> [INSTRUCTIONS TO FOLLOW]:
Every line in the records below between the one holding "let key = db_type_key postgresql in" and the one holding "-- With the", inclusive, is to be set down exactly; all other lines are to be left out.

(Collected data entries)
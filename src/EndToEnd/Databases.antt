-- ===== src/EndToEnd/Databases.antt =====
-- The agent with the drivers that it registers (apps/agent/cmd/agent/run.go), from the database tool to the
-- restored dump.
use backupy_agent.Prelude.{
  ℕ, ◌^◌, ◌<◌, ◌≡◌, refl, arith, Option-cases, inl, inr, sym, ◌∙◌, ap, ap₂, ok-injective, false,
  Option, none, some, List, [], ◌∷◌, length, ok,
}
use backupy_agent.Prelude.Bytes.{Bytes, ◌===◌}
use backupy_agent.Io.{Fault}
use backupy_agent.Cipher.{Aead, IsGcm, IsRandom}
use backupy_agent.Pipeline.Request.{
  postgresql, Target, JobSpec, UploadCreds, Driver, RunBackup, BackupCompleted, World,
}
use backupy_agent.Pipeline.Runner.Runs.{Delivered, run_delivers}
use backupy_agent.Pipeline.Runner.Uploads.{Complete}
use backupy_agent.Pipeline.Runner.{prepare, resolve, db_type_key, run}
use backupy_agent.Decrypt.Run.{Host, Options, run_tool, returned}
use backupy_agent.Drivers.Command.{Connection, Command, exec, CmdRunner, DriverError}
use backupy_agent.Drivers.PgDump.{pg_dump_command, pg_validate}
use backupy_agent.Drivers.PgDump.Asking.{Asks, pg_dump_command-Asks}
use backupy_agent.Drivers.Registry.{
  pg_tool, driver_of, dump_stream, checked, connection_of, registry,
}
use backupy_agent.EndToEnd.Backup.{prepare_found}
use backupy_agent.EndToEnd.Restore.{Serves, Issued, run_tool-run}

module _ (r : CmdRunner) (decode : Bytes → Connection) (fault_of : DriverError → Fault)
    (closed : Target → Option Fault) where
  registry-postgresql :
      (redis sqlite : Driver)
      → registry r decode fault_of closed redis sqlite (db_type_key postgresql)
        ≡ some (driver_of r decode fault_of closed pg_tool)
  unfolding registry db_type_key ◌===◌
  registry-postgresql redis sqlite = refl

  -- What the driver of PostgreSQL dumps is what pg_dump prints.
  pg_dumped :
      (t : Target) {raw : Bytes}
      → t.connection ≡ some raw
      → ((driver_of r decode fault_of closed pg_tool).dump t).bytes
        ≡ (r.run_stream
            (length (pg_validate r (some (decode raw)) []).1)
            (pg_dump_command (decode raw))).bytes
  unfolding driver_of dump_stream checked connection_of
  pg_dumped t {raw} connected = rw (connected) refl

  -- It ends without an error only if pg_dump does.
  pg_ended :
      (t : Target) {raw : Bytes}
      → t.connection ≡ some raw
      → ((driver_of r decode fault_of closed pg_tool).dump t).ends ≡ none
      → (r.run_stream
          (length (pg_validate r (some (decode raw)) []).1)
          (pg_dump_command (decode raw))).ends
        ≡ none
  unfolding driver_of dump_stream checked connection_of
  pg_ended t {raw} connected h =
      let s =
        r.run_stream (length (pg_validate r (some (decode raw)) []).1)
          (pg_dump_command (decode raw)) in
      elim (Option-cases s.ends) [
        | inl whole ↦ whole
        | inr (e, cut) ↦
            let failed : ((driver_of r decode fault_of closed pg_tool).dump t).ends
                ≡ some (fault_of (exec e)) =
              rw (connected, cut) refl in
            absurd (ground arith)
      ]

module _ (w : World) (h : Host) (opts : Options) (r : CmdRunner) (decode : Bytes → Connection)
    (fault_of : DriverError → Fault) (closed : Target → Option Fault) (redis sqlite : Driver) where
  -- A run of a job on a PostgreSQL target is prepared with that target and the registered driver.
  pg_prepared :
      (req : RunBackup) (job : Option JobSpec) (t : Target) {creds : UploadCreds}
      {job' : Option JobSpec} {t' : Target} {d : Driver} {aead : Option Aead}
      → w.drivers ≡ registry r decode fault_of closed redis sqlite
      → resolve w req ≡ ok (job, t)
      → t.db_type ≡ postgresql
      → prepare w req ≡ ok (creds, job', t', d, aead)
      → (t ≡ t') × (driver_of r decode fault_of closed pg_tool ≡ d)
  pg_prepared req job t {creds} {job'} {t'} {d} {aead} registered resolved is_pg prepared =
      let (made, found, known) = prepare_found w req prepared in
      let same_target : t ≡ t' =
        ap (λ (x : Option JobSpec × Target). x.1) (ok-injective refl refl (sym resolved ∙ found)) in
      let pg = driver_of r decode fault_of closed pg_tool in
      let key = db_type_key postgresql in
      let chosen : some pg ≡ some d =
        sym (registry-postgresql r decode fault_of closed redis sqlite)
        ∙ ap (λ (f : Bytes → Option Driver). f key) (sym registered)
        ∙ ap (λ x. w.drivers (db_type_key x)) (sym is_pg)
        ∙ ap (λ (x : Target). w.drivers (db_type_key x.db_type)) same_target
        ∙ known in
      (same_target, ap (λ (o : Option Driver). elim o [ none ↦ pg | some x ↦ x ]) chosen)

  -- With the drivers that the agent registers: when a run with a key of a job on a PostgreSQL target is
  -- reported as a success, the tool, given the uploaded body and a token with the unwrapped key and
  -- the reported hash, succeeds, and the output file holds just what one command has printed in the run
  -- behind those of the check: pg_dump, called for the host, the port, the user and the database of
  -- the target's connection, where they are set, with its password in the environment. That command has
  -- ended without an error. The port is a 32-bit number.
  pub run_tool-registry :
      (fresh : IsRandom w.rand) (gcms : (dek : Bytes) → IsGcm (w.gcm dek)) (schedule : List ℕ)
      (req : RunBackup) (done : BackupCompleted) (dek url body raw : Bytes) (job : Option JobSpec)
      (t : Target)
      → w.drivers ≡ registry r decode fault_of closed redis sqlite
      → resolve w req ≡ ok (job, t)
      → t.db_type ≡ postgresql
      → t.connection ≡ some raw
      → (decode raw).port < 2 ^ 32
      → 0 < length req.encrypted_dek
      → (run w schedule (some req)).0 ≡ ok done
      → w.unwrap req.encrypted_dek ≡ ok dek
      → (run w schedule (some req)).1.puts ≡ (url, body) ∷ []
      → Serves w body h
      → Issued h opts.token dek done
      → opts.skip_decompress ≡ false
      → (cmd : Command) × Asks (decode raw) cmd
        × ((r.run_stream (length (pg_validate r (some (decode raw)) []).1) cmd).ends ≡ none)
        × (run_tool h opts ≡ record {
          outcome = returned (ok tt);
          file = some (r.run_stream (length (pg_validate r (some (decode raw)) []).1) cmd).bytes;
        })
  unfolding Delivered Complete
  run_tool-registry fresh gcms schedule req done dek url body raw job t registered resolved is_pg
        connected narrow keyed success unwrapped one serves issued unzip =
      let (creds, job', t', d, aead, prepared, restored) =
        run_tool-run w h opts fresh gcms schedule req done dek url body keyed success unwrapped one
          serves issued unzip in
      let (same_target, same_driver) = pg_prepared req job t registered resolved is_pg prepared in
      let (
        creds2, job2, t2, d2, aead2, body2, prepared2, put2, complete2, answer2, job_id, run_id,
        s3_key, wrapped, compression, engine, sha, size,
      ) =
        run_delivers w schedule req done success in
      let (same_target2, same_driver2) =
        pg_prepared req job t registered resolved is_pg prepared2 in
      let printed = pg_dumped r decode fault_of closed t connected in
      let ended =
        ap₂ (λ (x : Driver) (y : Target). (x.dump y).ends) same_driver2 same_target2
        ∙ complete2.0 in
      (
        pg_dump_command (decode raw),
        pg_dump_command-Asks (decode raw) narrow,
        pg_ended r decode fault_of closed t connected ended,
        restored
            ∙ ap (λ b. record { outcome = returned (ok tt); file = some b })
                (ap₂ (λ (x : Driver) (y : Target). (x.dump y).bytes) (sym same_driver)
                    (sym same_target)
                  ∙ printed),
      )
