-- ===== src/Metrics.antt =====
-- The connection gauge of apps/agent/internal/metrics/metrics.go. A gauge vector of Prometheus is a map
-- from labels to values, which keeps the labels that were set once.
use backupy_agent.Prelude.{
  ℕ, ◌≡◌, refl, sym, ◌∙◌, ap, Bool, true, false, ◌||◌, Bool-cases, inl, inr, Option, some, List, [],
  ◌∷◌, if◌then◌else◌, arith,
}
use backupy_agent.Prelude.Bytes.{Bytes, codes, ◌===◌, ===_iff, ===_refl}
use backupy_agent.Prelude.Maps.{find_key, assign, find_key-assign}
use backupy_agent.Discovery.Env.{member}

abbrev pub Gauge : Type 0
Gauge = List (Bytes × ℕ)

abbrev pub connected_state : Bytes
connected_state = codes "connected"

abbrev pub reconnecting_state : Bytes
reconnecting_state = codes "reconnecting"

abbrev pub disconnected_state : Bytes
disconnected_state = codes "disconnected"

-- The loop over the labels.
unfoldable pub set_each : List Bytes → Bytes → Gauge → Gauge
set_each [] state g = g
set_each (s ∷ ss) state g = set_each ss state (assign s (if s === state then 1 else 0) g)

abbrev pub known_states : List Bytes
known_states = connected_state ∷ reconnecting_state ∷ disconnected_state ∷ []

unfoldable pub is_known_state : Bytes → Bool
is_known_state state =
    state === connected_state || (state === reconnecting_state || state === disconnected_state)

-- `SetWSSState`
unfoldable pub set_wss_state : Bytes → Gauge → Gauge
unfolding set_each is_known_state
set_wss_state state g =
    let g' = set_each known_states state g in if is_known_state state then g' else assign state 1 g'

-- Calls in a row.
unfoldable pub set_wss_states : List Bytes → Gauge → Gauge
unfolding set_wss_state
set_wss_states [] g = g
set_wss_states (s ∷ ss) g = set_wss_states ss (set_wss_state s g)

unfoldable pub last_of : Bytes → List Bytes → Bytes
last_of s [] = s
last_of s (t ∷ ts) = last_of t ts

-- What a label shows behind calls with `s`, `ss`: a known one, whether it is the last state; another
-- one 1 where it was a state, and what it showed before otherwise.
unfoldable pub shown : Bytes → List Bytes → Bytes → Option ℕ → Option ℕ
unfolding last_of
shown s ss k old =
    if is_known_state k
    then some (if k === last_of s ss then 1 else 0)
    else (if member k (s ∷ ss) then some 1 else old)

find_key-set_each :
    (k s : Bytes) (ss : List Bytes) (g : Gauge)
    → find_key k (set_each ss s g)
      ≡ (if member k ss then some (if k === s then 1 else 0) else find_key k g)
unfolding set_each member
find_key-set_each k s [] g = refl
find_key-set_each k s (x ∷ xs) g =
    let v : ℕ = if x === s then 1 else 0 in
    let ih = find_key-set_each k s xs (assign x v g) in
    let here = find_key-assign k x v g in
    elim (Bool-cases (x === k)) [
      | inl e ↦
          let same : x ≡ k = (===_iff x k).0 e in rw (ih, here, same, ===_refl k) (ground arith)
      | inr e ↦ rw (ih, here) (ground (arith, ===_iff k x, ===_iff x k))
    ]

===_comm : (a b : Bytes) → (a === b) ≡ (b === a)
===_comm a b = ground (arith, ===_iff a b, ===_iff b a)

is_known_state-member : (k : Bytes) → is_known_state k ≡ member k known_states
unfolding is_known_state member
is_known_state-member k = ground (
  arith,
  ===_comm k connected_state,
  ===_comm k reconnecting_state,
  ===_comm k disconnected_state,
)

find_key-set_wss_state :
    (k s : Bytes) (g : Gauge) → find_key k (set_wss_state s g) ≡ shown s [] k (find_key k g)
unfolding set_wss_state shown last_of member
find_key-set_wss_state k s g =
    let each = find_key-set_each k s known_states g in
    let put = find_key-assign k s 1 (set_each known_states s g) in
    let known = is_known_state-member k in
    elim (Bool-cases (is_known_state s)) [
      | inl e ↦ elim (Bool-cases (s === k)) [
        | inl e2 ↦
            let same : s ≡ k = (===_iff s k).0 e2 in
            let e3 : is_known_state k ≡ true = ap is_known_state (sym same) ∙ e in
            rw (set_wss_state, e, each, sym known, shown, e3) refl
        | inr e2 ↦ rw (set_wss_state, e, each, sym known, shown, last_of, member, e2, member) refl
      ]
      | inr e ↦ elim (Bool-cases (s === k)) [
        | inl e2 ↦
            let same : s ≡ k = (===_iff s k).0 e2 in
            let e3 : is_known_state k ≡ false = ap is_known_state (sym same) ∙ e in
            rw (set_wss_state, e, put, e2, shown, e3, member) refl
        | inr e2 ↦ rw (set_wss_state, e, put, e2, each, sym known, shown, last_of, member) refl
      ]
    ]

shown-shown :
    (s t : Bytes) (ts : List Bytes) (k : Bytes) (old : Option ℕ)
    → shown t ts k (shown s [] k old) ≡ shown s (t ∷ ts) k old
unfolding shown last_of member
shown-shown s t ts k old = ground arith

-- Behind any calls of SetWSSState, one at least, each of the three labels shows 1 if it is the last
-- state and 0 otherwise, whatever the gauge held; any other label shows 1 for ever once it was a
-- state, and what it held otherwise.
pub set_wss_states-shown :
    (s : Bytes) (ss : List Bytes) (g : Gauge) (k : Bytes)
    → find_key k (set_wss_states (s ∷ ss) g) ≡ shown s ss k (find_key k g)
unfolding set_wss_states
set_wss_states-shown s [] g k = find_key-set_wss_state k s g
set_wss_states-shown s (t ∷ ts) g k =
    set_wss_states-shown t ts (set_wss_state s g) k
    ∙ ap (shown t ts k) (find_key-set_wss_state k s g)
    ∙ shown-shown s t ts k (find_key k g)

> [EXERCISE RESPONSE]:
      let key = db_type_key postgresql in
      let chosen : some pg ≡ some d =
        sym (registry-postgresql r decode fault_of closed redis sqlite)
        ∙ ap (λ (f : Bytes → Option Driver). f key) (sym registered)
        ∙ ap (λ x. w.drivers (db_type_key x)) (sym is_pg)
        ∙ ap (λ (x : Target). w.drivers (db_type_key x.db_type)) same_target
        ∙ known in
      (same_target, ap (λ (o : Option Driver). elim o [ none ↦ pg | some x ↦ x ]) chosen)

  -- With the drivers that the agent registers: when a run with a key of a job on a PostgreSQL target is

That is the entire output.